Improved blood lipids, indicators of glycemic management, liver enzymes, blood pressure, and weight loss have been seen when curcumin supplementation is used. However, the research on the effects of curcumin is often inconsistent, and more high-quality, controlled studies are randomized to reach a definitive conclusion.

What are the main disadvantages of curcumin?

One of the most significant disadvantages of curcumin is that it is not readily absorbed when inhaled orally.

Doses of up to 8 grams daily of curcuminoids haven't been associated with significant adverse reactions in humans. However, extensive long-term studies are required to confirm the absence of adverse reactions. Studies that have used high doses of curcumin have revealed a few mild negative effects, like headache, nausea, diarrhea as well as skin rashes, and yellow stool. Utilizing curcumin in conjunction with piperine (a extract of black pepper) could cause more the risk of adverse reactions to curcumin due to piperine's ability to increase the intestinal permeability. Not all curcumin-based formulations have been tested for safety to the same extent.

What is the function of curcumin?

Curcumin's beneficial potential appears to be mostly due to its antioxidant and anti-inflammatory properties. These characteristics are brought about by curcumin's direct and indirect interaction with and modulation of a variety of molecular targets, such as enzymes, transcription factors, cell cycle protein receptors, cell surfaces, adhesion proteins, growth factors, and protein kinases.
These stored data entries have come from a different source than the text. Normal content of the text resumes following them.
-- ===== src/Account/Session/Lost.antt =====
-- AccountSession: a login that is asked for after the connection broke and the user gave up.
use jitong_app.Base.{◌≡◌, ◌∙◌, true, false, Bytes, ◌==◌, arith}
use jitong_app.Account.Types.{AccountState}
use jitong_app.Account.Machine.{
  transition_to, cancel_authentication, request_password_login, request_login,
  request_token_login_on_connected, in_flight,
}
use jitong_app.Account.Machine
use jitong_app.Account.Session.{Session, Call}
use jitong_app.Account.Session.Actions.{run_action, run_list, run_depth}
use jitong_app.Account.Session.Intents.{
  start_with_password, cancel, on_connect_result, on_disconnected,
}

broken :
    (x : Call) (s : Session)
    → s.machine.state ≡ AccountState.authenticated
    → (on_disconnected x false s).reauthenticate_after_reconnect ≡ true
unfolding on_disconnected Machine.on_disconnected run_depth run_list run_action
broken x s h = ground arith

given_up :
    (x : Call) (s : Session)
    → ((cancel x s).reauthenticate_after_reconnect ≡ s.reauthenticate_after_reconnect)
      × ((cancel x s).machine.state ≡ AccountState.logged_out)
unfolding cancel cancel_authentication transition_to run_depth run_list run_action
given_up x s = ground arith

started :
    (x : Call) (account password : Bytes) (s : Session)
    → s.machine.state ≡ AccountState.logged_out
    → ((start_with_password x account password s).1 == 0) ≡ false
    → let t = (start_with_password x account password s).0 in
      (t.machine.state ≡ AccountState.authenticating)
      × (t.reauthenticate_after_reconnect ≡ s.reauthenticate_after_reconnect)
unfolding start_with_password request_password_login request_login transition_to run_depth run_list
    run_action
started x account password s h n = ground arith

connected :
    (x : Call) (s : Session)
    → s.machine.state ≡ AccountState.authenticating
    → s.reauthenticate_after_reconnect ≡ true
    → ((on_connect_result x true s).log ≡ s.log)
      × ((on_connect_result x true s).machine.state ≡ AccountState.authenticating)
unfolding on_connect_result request_token_login_on_connected run_depth run_list
connected x s h r = ground arith

-- An authenticated session loses its connection, the user cancels, and then logs in with a password,
-- which gets an operation id. When the connection is there, nothing is sent: the log does not
-- change, and the machine goes on waiting for the login's answer.
pub login_after_cancel_lost :
    (x1 x2 x3 x4 : Call) (account password : Bytes) (s : Session)
    → let given = cancel x2 (on_disconnected x1 false s) in
      let asked = start_with_password x3 account password given in
      let after = on_connect_result x4 true asked.0 in
      s.machine.state ≡ AccountState.authenticated
      → (asked.1 == 0) ≡ false
      → (after.log ≡ asked.0.log) × (after.machine.state ≡ AccountState.authenticating)
login_after_cancel_lost x1 x2 x3 x4 account password s h n =
    let a = broken x1 s h in
    let b = given_up x2 (on_disconnected x1 false s) in
    let c = started x3 account password (cancel x2 (on_disconnected x1 false s)) b.1 n in
    connected x4 _ c.0 (c.1 ∙ b.0 ∙ a)
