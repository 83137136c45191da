-- ===== src/Account/TokenManager/Stale.antt =====
-- TokenManager: a refresh that is pending while another account is loaded.
use jitong_app.Base.{ℕ, ◌<◌, ◌≡◌, ap, ◌∙◌, Bool, true, false, none, is_empty, arith}
use jitong_app.Account.TokenManager.{TokenSession, TokenManager, load_from_store, begin_refresh}
use jitong_app.Account.TokenManager.Restore.{IsStorable, IsStored, load_from_store-IsStored}

begin_refresh_pending :
    (accepts : Bool) (now : ℕ) (m : TokenManager)
    → m.refresh_in_flight ≡ true
    → is_empty m.refresh_request_id ≡ false
    → (begin_refresh accepts now m).1 ≡ m.refresh_request_id
unfolding begin_refresh
begin_refresh_pending accepts now m a b = ground arith

-- A manager has a refresh pending and loads an account whose record the store holds without a
-- request id. The account's session is loaded, and the next refresh, though of this account, gets
-- the request id that was pending before. The session has no empty field, its times are positive
-- 64-bit numbers, and its refresh token has not expired at the time of the load.
pub begin_refresh-load_from_store :
    (s : TokenSession) (accepts accepts' : Bool) (now later : ℕ) (m : TokenManager)
    → let loaded = (load_from_store accepts s.account now m).0 in
      IsStorable s
      → IsStored s none m.store
      → now < s.refresh_expire_at
      → m.refresh_in_flight ≡ true
      → is_empty m.refresh_request_id ≡ false
      → (loaded.session ≡ s) × ((begin_refresh accepts' later loaded).1 ≡ m.refresh_request_id)
begin_refresh-load_from_store s accepts accepts' now later m k h t a b =
    let same =
      ap (λ (r : TokenManager × Bool). r.0) (load_from_store-IsStored s none accepts now m k h t) in
    (
      ap (λ (n : TokenManager). n.session) same,
      ap (λ (n : TokenManager). (begin_refresh accepts' later n).1) same
          ∙ begin_refresh_pending accepts' later (record m { session = s }) a b,
    )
What are the other names that can be used for Curcumin?

Be aware of the fact that Curcumin is also referred to as:

  • Extract of Turmeric
  • Curry Extract
  • Curcuma
  • Diferuloylmethane
  • JiangHuang
  • Curcuma Longa
  • 1 7-Bis(4-hydroxy-3-3methoxyphenyl) hepta-1 6-diene-3 5-dione
  • Turmeric

Curcumin is not to be misunderstood with:

  • Curry (meal preparation utilizing Turmeric)
  • Tree Turmeric (a term used to describe Berberis aristata)

Dosage information

The recommended dose of curcumin to treat inflammation may vary. Research has found daily doses that range from 300 to 4000 mg, depending on the particular condition. When taken orally, curcumin can be absorbed poorly. The two most frequently used and frequently studied methods to increase absorption are to mix curcumin with piperine (a black pepper extract) or combine the two with other lipids (e.g., BCM-95(r) as well as Meriva(r)).
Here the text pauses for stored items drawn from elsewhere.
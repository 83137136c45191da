-- ===== src/Account/Session/Tests.antt =====
-- Runs of AccountSession: a login, its connection lost, and another one.
use jitong_app.Base.{ℕ, ◌≡◌, refl, true, false, none, [], ◌∷◌, Bytes, codes, arith}
use jitong_app.Account.Types.{AccountState}
use jitong_app.Account.State.{send_refresh, initial}
use jitong_app.Account.Machine.{
  request_password_login, request_login, transition_to, on_auth_succeeded, on_refresh_failed,
  cancel_authentication,
}
use jitong_app.Account.Machine
use jitong_app.Account.TokenManager.{
  Store, TokenSession, TokenManager, adopt, persist, settle, apply_atomically, load_from_store,
  begin_refresh,
}
use jitong_app.Account.TokenManager
use jitong_app.Account.TokenManager.Restore.{IsStorable, adopt-IsStored}
use jitong_app.Account.TokenManager.Stale.{begin_refresh-load_from_store}
use jitong_app.Account.DeviceProof.{DeviceProofService}
use jitong_app.Account.Session.{Session, Call, AuthResult, new}
use jitong_app.Account.Session.Actions.{run_action, run_list, run_depth, run_actions}
use jitong_app.Account.Session.Intents.{
  session_of, on_login_result, start_with_password, start_with_saved_token, on_connect_result,
  on_disconnected, cancel,
}
use jitong_app.Account.Session.Depth.{run_depth_enough}
use jitong_app.Account.Session.Logins.{
  load_from_store-on_login_result, pending_password-on_connect_result,
}
use jitong_app.Account.Session.ColdStart.{NothingSent, cold_start_unsent}
use jitong_app.Account.Session.Lost.{login_after_cancel_lost}

abbrev call : Call
call = record { now = 1000; accepts = true; jitter = none; app_session_id = codes "app" }

-- A device without a key.
abbrev proof : DeviceProofService
proof = record {
  signer = record { public_key_der = []; sign = λ m. [] };
  device_id = codes "phone";
}

abbrev alice : Bytes
alice = codes "alice"

abbrev secret : Bytes
secret = codes "secret"

abbrev fresh : Session
fresh = new [] 60 proof

abbrev waiting : Session
waiting = (start_with_password call alice secret fresh).0

abbrev reply : AuthResult
reply = record {
  user_id = 7;
  access_token = codes "a";
  refresh_token = codes "r";
  access_expire_at = 1300;
  refresh_expire_at = 9000;
  session_id = codes "s";
}

reply-IsStorable : (account : Bytes) → IsStorable (session_of account reply)
reply-IsStorable account = record {
  access_token = refl;
  refresh_token = refl;
  session_id = refl;
  access_low = omega arith;
  access_high = omega arith;
  refresh_low = omega arith;
  refresh_high = omega arith;
}

abbrev entered : Session
entered = on_login_result call 0 reply 0 waiting

run_depth_enough_example :
    run_depth 5 call (send_refresh 1 ∷ []) fresh ≡ run_actions call (send_refresh 1 ∷ []) fresh
run_depth_enough_example = run_depth_enough 3 call (send_refresh 1 ∷ []) fresh

pending_password-on_connect_result_example :
    ((on_connect_result call false waiting).machine.state ≡ AccountState.logged_out)
    × ((on_connect_result call false waiting).pending_password ≡ secret)
unfolding new initial start_with_password request_password_login request_login transition_to
pending_password-on_connect_result_example =
    pending_password-on_connect_result call call alice secret fresh refl refl

load_from_store-on_login_result_example :
    load_from_store false waiting.account 2000 (TokenManager.new entered.tokens.store 60) ≡ (
      record (TokenManager.new entered.tokens.store 60) {
        session = session_of waiting.account reply;
      },
      true,
    )
unfolding new initial start_with_password request_password_login request_login transition_to
    run_depth run_list run_action on_login_result on_auth_succeeded adopt persist settle
    apply_atomically
load_from_store-on_login_result_example =
    load_from_store-on_login_result call 0 reply 0 waiting false 2000 60 refl refl
      (reply-IsStorable waiting.account) (omega arith)

abbrev again : Session × ℕ
again = start_with_password call alice secret (cancel call (on_disconnected call false entered))

login_after_cancel_lost_example :
    ((on_connect_result call true again.0).log ≡ again.0.log)
    × ((on_connect_result call true again.0).machine.state ≡ AccountState.authenticating)
unfolding new initial start_with_password request_password_login request_login transition_to
    run_depth run_list run_action on_login_result on_auth_succeeded adopt persist settle
    apply_atomically cancel cancel_authentication on_disconnected Machine.on_disconnected
login_after_cancel_lost_example =
    login_after_cancel_lost call call call call alice secret entered refl refl

-- Alice's record is in the store while the manager has Bob's refresh pending.
abbrev bob : TokenManager
bob = record (adopt true (session_of alice reply) (TokenManager.new [] 60)).0 {
  refresh_in_flight = true;
  refresh_request_id = codes "rf-bob";
}

begin_refresh-load_from_store_example :
    ((load_from_store false alice 1000 bob).0.session ≡ session_of alice reply)
    × ((begin_refresh true 1250 (load_from_store false alice 1000 bob).0).1 ≡ codes "rf-bob")
begin_refresh-load_from_store_example =
    begin_refresh-load_from_store (session_of alice reply) false true 1000 1250 bob
      (reply-IsStorable alice) (adopt-IsStored (session_of alice reply) (TokenManager.new [] 60))
      (omega arith) refl refl

abbrev kept : Store
kept = (adopt true (session_of alice reply) (TokenManager.new [] 60)).0.store

cold_start_unsent_example :
    let started =
      (start_with_saved_token (record call { now = 2000 }) alice (new kept 60 proof)).0 in
    let connected = on_connect_result (record call { now = 2001; accepts = false }) true started in
    (connected.machine.state ≡ AccountState.authenticated) × NothingSent connected.log
cold_start_unsent_example =
    cold_start_unsent (record call { now = 2000 }) (record call { now = 2001; accepts = false })
      (session_of alice reply) kept 60 proof (reply-IsStorable alice)
      (adopt-IsStored (session_of alice reply) (TokenManager.new [] 60)) (omega arith) (omega arith)
      refl
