-- ===== src/Account/TokenManager/Flight.antt =====
-- TokenManager: one refresh at a time, with one request id.
use jitong_app.Base.{
  ℕ, ◌<◌, ◌≡◌, refl, ap, ◌∙◌, Bool, true, false, Option, none, some, List, [], ◌∷◌, Bytes, bytes_eq,
  is_empty, arith,
}
use jitong_app.Base.Dict.{bytes_Eq}
use jitong_app.Account.TokenManager.{
  Store, TokenSession, TokenManager, new, access, refresh, access_exp, refresh_exp, session_key,
  request_key, put_all, apply_atomically, persist, settle, adopt, with_pending, load_from_store,
  begin_refresh, suspend_refresh,
}
use jitong_app.Account.TokenManager.Store.{after_puts, find-put_all}
use jitong_app.Account.TokenManager.Restore.{
  IsStorable, IsStored, adopt-IsStored, load_from_store-IsStored,
}

-- What a refresh that begins leaves: its id, in memory and in the store.
record Begun (s : TokenSession) (r : TokenManager × Bytes) : Type 0 where
  in_flight : r.0.refresh_in_flight ≡ true
  request : r.0.refresh_request_id ≡ r.1
  named : is_empty r.1 ≡ false
  stored : IsStored s (some r.1) r.0.store

put-IsStored :
    (s : TokenSession) (pending : Option Bytes) (id : Bytes) (store : Store)
    → IsStored s pending store
    → IsStored s (some id) (put_all s.account ((request_key, id) ∷ []) store)
unfolding after_puts bytes_eq
put-IsStored s pending id store h =
    let puts : List (Bytes × Bytes) = (request_key, id) ∷ [] in
    record {
      access_token = find-put_all s.account access puts store ∙ h.access_token;
      refresh_token = find-put_all s.account refresh puts store ∙ h.refresh_token;
      access_time = find-put_all s.account access_exp puts store ∙ h.access_time;
      refresh_time = find-put_all s.account refresh_exp puts store ∙ h.refresh_time;
      session_id = find-put_all s.account session_key puts store ∙ h.session_id;
      request = find-put_all s.account request_key puts store;
    }

begin_refresh-Begun :
    (s : TokenSession) (m : TokenManager) (now : ℕ)
    → Begun s (begin_refresh true now (adopt true s m).0)
unfolding begin_refresh adopt persist settle apply_atomically
begin_refresh-Begun s m now = record {
  in_flight = refl;
  request = refl;
  named = refl;
  stored = put-IsStored s none _ (adopt true s m).0.store (adopt-IsStored s m);
}

in_flight_again :
    (m : TokenManager) (accepts : Bool) (now : ℕ)
    → m.refresh_in_flight ≡ true
    → is_empty m.refresh_request_id ≡ false
    → begin_refresh accepts now m ≡ (m, m.refresh_request_id)
unfolding begin_refresh
in_flight_again m accepts now f e = ground (arith, f, e)

-- A refresh that has begun, with its id stored, keeps its id until it is completed: after a
-- suspension, and also after a restart that loads the account on the same store, a further
-- `begin_refresh` gives the same id and changes nothing, at any time and whether or not the store
-- accepts changes. The session is one that can be stored, and its refresh token has not expired at
-- the time of the load.
pub begin_refresh_again :
    (s : TokenSession) (m : TokenManager) (accepts : Bool) (now later skew : ℕ)
    → IsStorable s
    → later < s.refresh_expire_at
    → let r = begin_refresh true now (adopt true s m).0 in
      let l = (load_from_store accepts s.account later (new r.0.store skew)).0 in
      (begin_refresh accepts later (suspend_refresh r.0) ≡ r)
      × ((begin_refresh accepts later l ≡ (l, r.1)) × (l.session ≡ s))
unfolding suspend_refresh new
begin_refresh_again s m accepts now later skew k h =
    let r = begin_refresh true now (adopt true s m).0 in
    let b = begin_refresh-Begun s m now in
    let fresh = new r.0.store skew in
    let l = (load_from_store accepts s.account later fresh).0 in
    let e : l ≡ with_pending (some r.1) (record fresh { session = s }) =
      ap (λ (x : TokenManager × Bool). x.0)
        (load_from_store-IsStored s (some r.1) accepts later fresh k b.stored h) in
    let flight : l.refresh_in_flight ≡ true =
      ap (λ (x : TokenManager). x.refresh_in_flight) e ∙ ground (arith, b.named) in
    let id : l.refresh_request_id ≡ r.1 =
      ap (λ (x : TokenManager). x.refresh_request_id) e ∙ ground (arith, b.named) in
    let session : l.session ≡ s =
      ap (λ (x : TokenManager). x.session) e ∙ ground (arith, b.named) in
    (
      in_flight_again r.0 accepts later b.in_flight
            (ap (λ (x : Bytes). is_empty x) b.request ∙ b.named)
          ∙ ap (λ (x : Bytes). (r.0, x)) b.request,
      (
        in_flight_again l accepts later flight (ap (λ (x : Bytes). is_empty x) id ∙ b.named)
            ∙ ap (λ (x : Bytes). (l, x)) id,
        session,
      ),
    )
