-- ===== src/Account/Tests.antt =====
-- The theorems about AuthStateMachine at concrete inputs.
use jitong_app.Account.TokenManager
use jitong_app.Account.TokenManager.{
  TokenSession, adopt, load_from_store, begin_refresh, suspend_refresh,
}
use jitong_app.Account.TokenManager.Decimal.{parse_positive_int, skip_space, read_digits}
use jitong_app.Account.TokenManager.Restore.{IsStorable, load_from_store-adopt}
use jitong_app.Account.TokenManager.Flight.{begin_refresh_again}
use jitong_app.Account.ReconnectPolicy.{new, doubled, capped, with_jitter, next_delay_ms, reset}
use jitong_app.Account.ReconnectPolicy.Delays.{calls, or_zero, delay_exact}
use jitong_app.Base.{
  ℕ, ◌+◌, ◌≡◌, refl, List, [], ◌∷◌, arith, min, length, ◌*◌, ◌^◌, Option, none, some, ◌≤◌, ◌≡◌,
  refl, ap, true, false, List, [], ◌∷◌, Bytes, codes, count_of, arith,
}
use jitong_app.Account.Types.{AccountState, AuthError}
use jitong_app.Account.State.{Machine, reject_operation, password, access_token, initial}
use jitong_app.Account.Machine.{
  request_login, request_password_login, request_refresh_for_login, request_logout,
  on_refresh_failed, on_auth_succeeded, transition_to,
}
use jitong_app.Account.Machine.Run.{
  Input, password_login, logout, kicked, disconnected, connected, auth_succeeded, auth_failed, step,
  run,
}
use jitong_app.Account.Machine.Stale.{step_stale, step_superseded}
use jitong_app.Account.Machine.SingleFlight.{request_login_again, request_login_other}
use jitong_app.Account.Machine.Reconnect.{IsOut, asks_connection, run_exit}
use jitong_app.Account.Machine.Outcomes.{LetsIn, outcomes, starts, outcomes-run, step-LetsIn}

abbrev alice : Bytes
alice = codes "alice"

abbrev bob : Bytes
bob = codes "bob"

abbrev logging_in : Machine
logging_in = record {
  state = AccountState.authenticating;
  operation_id = 1;
  next_operation_id = 2;
  generation = 1;
  account = alice;
  auth_method = password;
  auto_reconnect_allowed = true;
  state_before_refresh = AccountState.authenticated;
}

login_run : (request_password_login alice initial).0 ≡ logging_in
unfolding request_password_login initial
login_run = refl

abbrev history : List Input
history =
    password_login alice
    ∷ connected
    ∷ auth_failed 1 AuthError.invalid_credentials
    ∷ password_login alice
    ∷ connected
    ∷ auth_succeeded 1 7
    ∷ auth_succeeded 2 7
    ∷ []

history-run :
    ((run history initial).0.state ≡ AccountState.authenticated)
    × (outcomes (run history initial).1 ≡ 2)
    × (starts (run history initial).1 ≡ 2)
unfolding run step initial request_password_login on_auth_succeeded
    jitong_app.Account.Machine.on_connected jitong_app.Account.Machine.on_auth_failed
history-run = (refl, refl, refl)

step_stale_run : step (auth_succeeded 0 7) logging_in ≡ (logging_in, [])
step_stale_run = step_stale (auth_succeeded 0 7) logging_in {g = 0} refl (omega arith)

step_superseded_example :
    step (auth_succeeded 1 7) (step logout logging_in).0 ≡ ((step logout logging_in).0, [])
unfolding step request_logout
step_superseded_example =
    step_superseded logout (auth_succeeded 1 7) logging_in refl
      (λ e. omega (arith, ap (λ (m : Machine). m.generation) e)) refl (omega arith)

request_login_again_run :
    let r = request_login alice password initial in
    request_login alice password r.0 ≡ (r.0, [], r.2)
unfolding initial
request_login_again_run = request_login_again alice password initial refl

request_login_other_run :
    let r = request_login alice password initial in
    request_login bob access_token r.0
    ≡ (r.0, reject_operation AuthError.operation_in_progress ∷ [], 0)
unfolding initial request_login
request_login_other_run =
    request_login_other alice bob password access_token initial refl (λ e. grind (arith, e)) refl

run_exit_example :
    let is = kicked AuthError.kicked_by_other_device ∷ disconnected false ∷ connected ∷ [] in
    IsOut (run is logging_in).0 × (count_of asks_connection (run is logging_in).1 ≡ 0)
run_exit_example =
    run_exit (kicked AuthError.kicked_by_other_device) (disconnected false ∷ connected ∷ [])
      logging_in refl (refl, (refl, tt))

outcomes-run_example : outcomes (run history initial).1 ≤ starts (run history initial).1
outcomes-run_example = outcomes-run history

step-LetsIn_run : LetsIn logging_in (auth_succeeded 1 7)
unfolding step on_auth_succeeded
step-LetsIn_run = step-LetsIn (auth_succeeded 1 7) logging_in (λ e. cc) refl

abbrev no_jitter : List (Option ℕ)
no_jitter = none ∷ some 40 ∷ none ∷ none ∷ []

-- The fifth delay of the default policy: 16 seconds and this call's jitter.
delay_run : (next_delay_ms (some 200) (calls no_jitter (reset (new 1000 30000)))).1 ≡ some 16200
unfolding next_delay_ms doubled capped with_jitter calls reset new
delay_run = refl

delay_exact_run :
    (next_delay_ms (some 200) (calls no_jitter (reset (new 1000 30000)))).1
    ≡ some (min 30000 (min 30000 (1000 * 2 ^ length no_jitter) + or_zero (some 200)))
unfolding new
delay_exact_run = delay_exact no_jitter (some 200) (new 1000 30000) (omega arith)

abbrev alice_session : TokenSession
alice_session = record {
  access_token = codes "a1";
  refresh_token = codes "r1";
  access_expire_at = 1300;
  refresh_expire_at = 9000;
  session_id = codes "s1";
  account = alice;
}

alice_session-IsStorable : IsStorable alice_session
alice_session-IsStorable = record {
  access_token = refl;
  refresh_token = refl;
  session_id = refl;
  access_low = omega arith;
  access_high = omega arith;
  refresh_low = omega arith;
  refresh_high = omega arith;
}

load_from_store-adopt_example :
    let stored = (adopt true alice_session (TokenManager.new [] 60)).0.store in
    let fresh = TokenManager.new stored 60 in
    load_from_store false alice 1000 fresh ≡ (record fresh { session = alice_session }, true)
load_from_store-adopt_example =
    load_from_store-adopt alice_session (TokenManager.new [] 60) false 1000 60
      alice_session-IsStorable (omega arith)

begin_refresh_again_run :
    let r = begin_refresh true 1250 (adopt true alice_session (TokenManager.new [] 60)).0 in
    let l = (load_from_store false alice 1400 (TokenManager.new r.0.store 60)).0 in
    (begin_refresh false 1400 (suspend_refresh r.0) ≡ r)
    × ((begin_refresh false 1400 l ≡ (l, r.1)) × (l.session ≡ alice_session))
begin_refresh_again_run =
    begin_refresh_again alice_session (TokenManager.new [] 60) false 1250 1400 60
      alice_session-IsStorable (omega arith)

read_numbers :
    (parse_positive_int (codes " +42") ≡ some 42) × (parse_positive_int (codes "4 2") ≡ none)
unfolding parse_positive_int skip_space read_digits
read_numbers = (refl, refl)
To complement curcumin with piperine, you should take 500 mg of curcumin along with 5-6.7 milligrams of piperine three times a day to get a total dose of 1,500 mg of curcumin and 15-20 mg of piperine a day.
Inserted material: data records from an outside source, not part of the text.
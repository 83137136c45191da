-- ===== src/Runtime.antt =====
-- client_core/include/client_core/runtime: completions, invalidations and recovery.
pub mod Registry
pub mod Bus
pub mod Recovery
mod Tests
To complement BCM-95(r), a patent-pending combination of curcumin and essential oils, you should take 500 mg twice daily for a total of 1000 mg per day.

To enhance Meriva(r), a patent-pending mixture of curcumin and lecithin, you can take 200-500 mg two times a day for a total daily intake of 400-1,000 mg.

Curcumin can be purchased in capsules, tablets, powder, soft gels, and drops. It is typically consumed with food.